Collected data:
= Beginning of Section =
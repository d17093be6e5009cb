-- ===== src/Pcb/Unlink.antt =====
-- The loop of `outProcQ`: the walk, and what it does at the pcb that it looks for.
use pandos.Prelude.{
  ℕ, zero, suc, ◌+◌, ◌≡◌, sym, ◌≢◌, inl, inr, true, false, ◌||◌, ◌&&◌, List, [], ◌∷◌, ◌++◌, arith,
  ◌==◌, if◌then◌else◌, has, ◌∉◌, length, has-append, Bool-cases, ==_refl, ◌≤◌,
}
use pandos.Types.{Ptr, null}
use pandos.Run.{ok}
use pandos.Pcb.{Store, upd, out_loop, unlink, bypass}
use pandos.Pcb.Access.{ne_test, read-ok, at-ok, upd-ne}
use pandos.Pcb.Ring.{next, prev, Chain, Bypasses}

pub tail_test :
    (h : Store) (t p : Ptr)
    → (if t == p then unlink t p h else ok (null, t) h)
      ≡ (if (p == t) || false then unlink t p h else ok (null, t) h)
tail_test h t p = elim (Bool-cases (t == p)) [
  | inl e ↦ let e' : (p == t) ≡ true = ground arith in rw (e, e')
  | inr ne ↦ let ne' : (p == t) ≡ false = ground arith in rw (ne, ne')
]

-- The walk from `current`, with `ws` between it and the tail.
pub out_loop-tail :
    (k : ℕ) (h : Store) (t p : Ptr)
    → t ≢ null
    → out_loop (suc k) t p t h ≡ (if t == p then unlink t p h else ok (null, t) h)
unfolding out_loop
out_loop-tail k h t p nt = elim (Bool-cases (t == p)) [
  | inl e ↦ rw e
  | inr ne ↦ rw (ne, read-ok nt, read-ok nt, ==_refl)
]

pub out_loop-walk :
    (k : ℕ) (h : Store) (t p current : Ptr) (ws : List Ptr)
    → Chain h current ws t
    → null ∉ (current ∷ (ws ++ (t ∷ [])))
    → next h t ∉ (ws ++ (t ∷ []))
    → length ws + 2 ≤ k
    → out_loop k t p current h
      ≡ (if has p (current ∷ (ws ++ (t ∷ []))) then unlink t p h else ok (null, t) h)
unfolding out_loop
out_loop-walk zero h t p current ws c nn nf fuel = absurd (omega arith)
out_loop-walk (suc zero) h t p current ws c nn nf fuel = absurd (omega arith)
out_loop-walk (suc (suc k)) h t p current [] c nn nf fuel = elim (Bool-cases (current == p)) [
  | inl e ↦ let e' : (p == current) ≡ true = ground arith in rw (e, e')
  | inr ne ↦
      let ne' : (p == current) ≡ false = ground arith in
      let nc : current ≢ null = ground arith in
      let nt : t ≢ null = ground arith in
      let nl : (t == next h t) ≡ false = ground arith in
      rw (ne, ne', read-ok nc, read-ok nt, c.0, nl, out_loop-tail k h t p nt) (tail_test h t p)
]
out_loop-walk (suc (suc k)) h t p current (w ∷ ws) (l, c) nn nf fuel =
    elim (Bool-cases (current == p)) [
      | inl e ↦ let e' : (p == current) ≡ true = ground arith in rw (e, e')
      | inr ne ↦
          let ne' : (p == current) ≡ false = ground arith in
          let nc : current ≢ null = ground arith in
          let nt : t ≢ null = ground (arith, has-append null ws (t ∷ [])) in
          let nl : (w == next h t) ≡ false = ground arith in
          rw (ne, ne', read-ok nc, read-ok nt, l.0, nl)
            (out_loop-walk (suc k) h t p w ws c (ground arith) (ground arith) (omega arith))
    ]

abbrev pub bypassed : Store → Ptr → Store
bypassed h p = record h {
  p_next = upd h.p_next (prev h p) (next h p);
  p_prev = upd h.p_prev (next h p) (prev h p);
}

abbrev pub unlinked : Store → Ptr → Store
unlinked h p = record h {
  p_next = upd (upd h.p_next (prev h p) (next h p)) p null;
  p_prev = upd (upd h.p_prev (next h p) (prev h p)) p null;
}

-- Removing a pcb that has other neighbours than itself.
module _ (h : Store) (t p : Ptr) (np : p ≢ null) (nq : prev h p ≢ null) (nr : next h p ≢ null)
    (q : prev h p ≢ p) (r : next h p ≢ p) where
  pub bypass-ok : bypass t p h ≡ ok (if t == p then prev h p else t) (bypassed h p)
  unfolding bypass
  bypass-ok =
      let q' : p ≢ prev h p = λ e. q (sym e) in
      let r' : p ≢ next h p = λ e. r (sym e) in
      rw (read-ok np, read-ok np, at-ok nq, read-ok np, read-ok np, upd-ne _ _ q', at-ok nr)
        (elim (Bool-cases (t == p)) [ inl e ↦ rw (e, read-ok np, upd-ne _ _ r') | inr ne ↦ rw ne ])

  pub unlink-ok : unlink t p h ≡ ok (p, if t == p then prev h p else t) (unlinked h p)
  unfolding unlink
  unlink-ok =
      let single : ((p == t) && false) ≡ false = ground arith in
      rw (read-ok np, ne_test r, single, bypass-ok, at-ok np, at-ok np)

pub unlinked-Bypasses : (h : Store) (p : Ptr) → Bypasses h (unlinked h p) p
unfolding upd
unlinked-Bypasses h p = record { nexts = λ b n. ground arith; prevs = λ b n. ground arith }

-- Removing the only pcb.
pub unlink-single :
    (h : Store) (p : Ptr)
    → p ≢ null
    → next h p ≡ p
    → unlink p p h
      ≡ ok (p, null) (record h { p_next = upd h.p_next p null; p_prev = upd h.p_prev p null })
unfolding unlink
unlink-single h p np e = rw (read-ok np, e, ==_refl, at-ok np, at-ok np)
= End of Section =
Only one stretch of the data above is needed. Restate it word for word, from the line containing "p_prev = upd h.p_prev (next" through the line containing "let q' : p ≢", both ends included.

  p_prev = upd h.p_prev (next h p) (prev h p);
}

abbrev pub unlinked : Store → Ptr → Store
unlinked h p = record h {
  p_next = upd (upd h.p_next (prev h p) (next h p)) p null;
  p_prev = upd (upd h.p_prev (next h p) (prev h p)) p null;
}

-- Removing a pcb that has other neighbours than itself.
module _ (h : Store) (t p : Ptr) (np : p ≢ null) (nq : prev h p ≢ null) (nr : next h p ≢ null)
    (q : prev h p ≢ p) (r : next h p ≢ p) where
  pub bypass-ok : bypass t p h ≡ ok (if t == p then prev h p else t) (bypassed h p)
  unfolding bypass
  bypass-ok =
      let q' : p ≢ prev h p = λ e. q (sym e) in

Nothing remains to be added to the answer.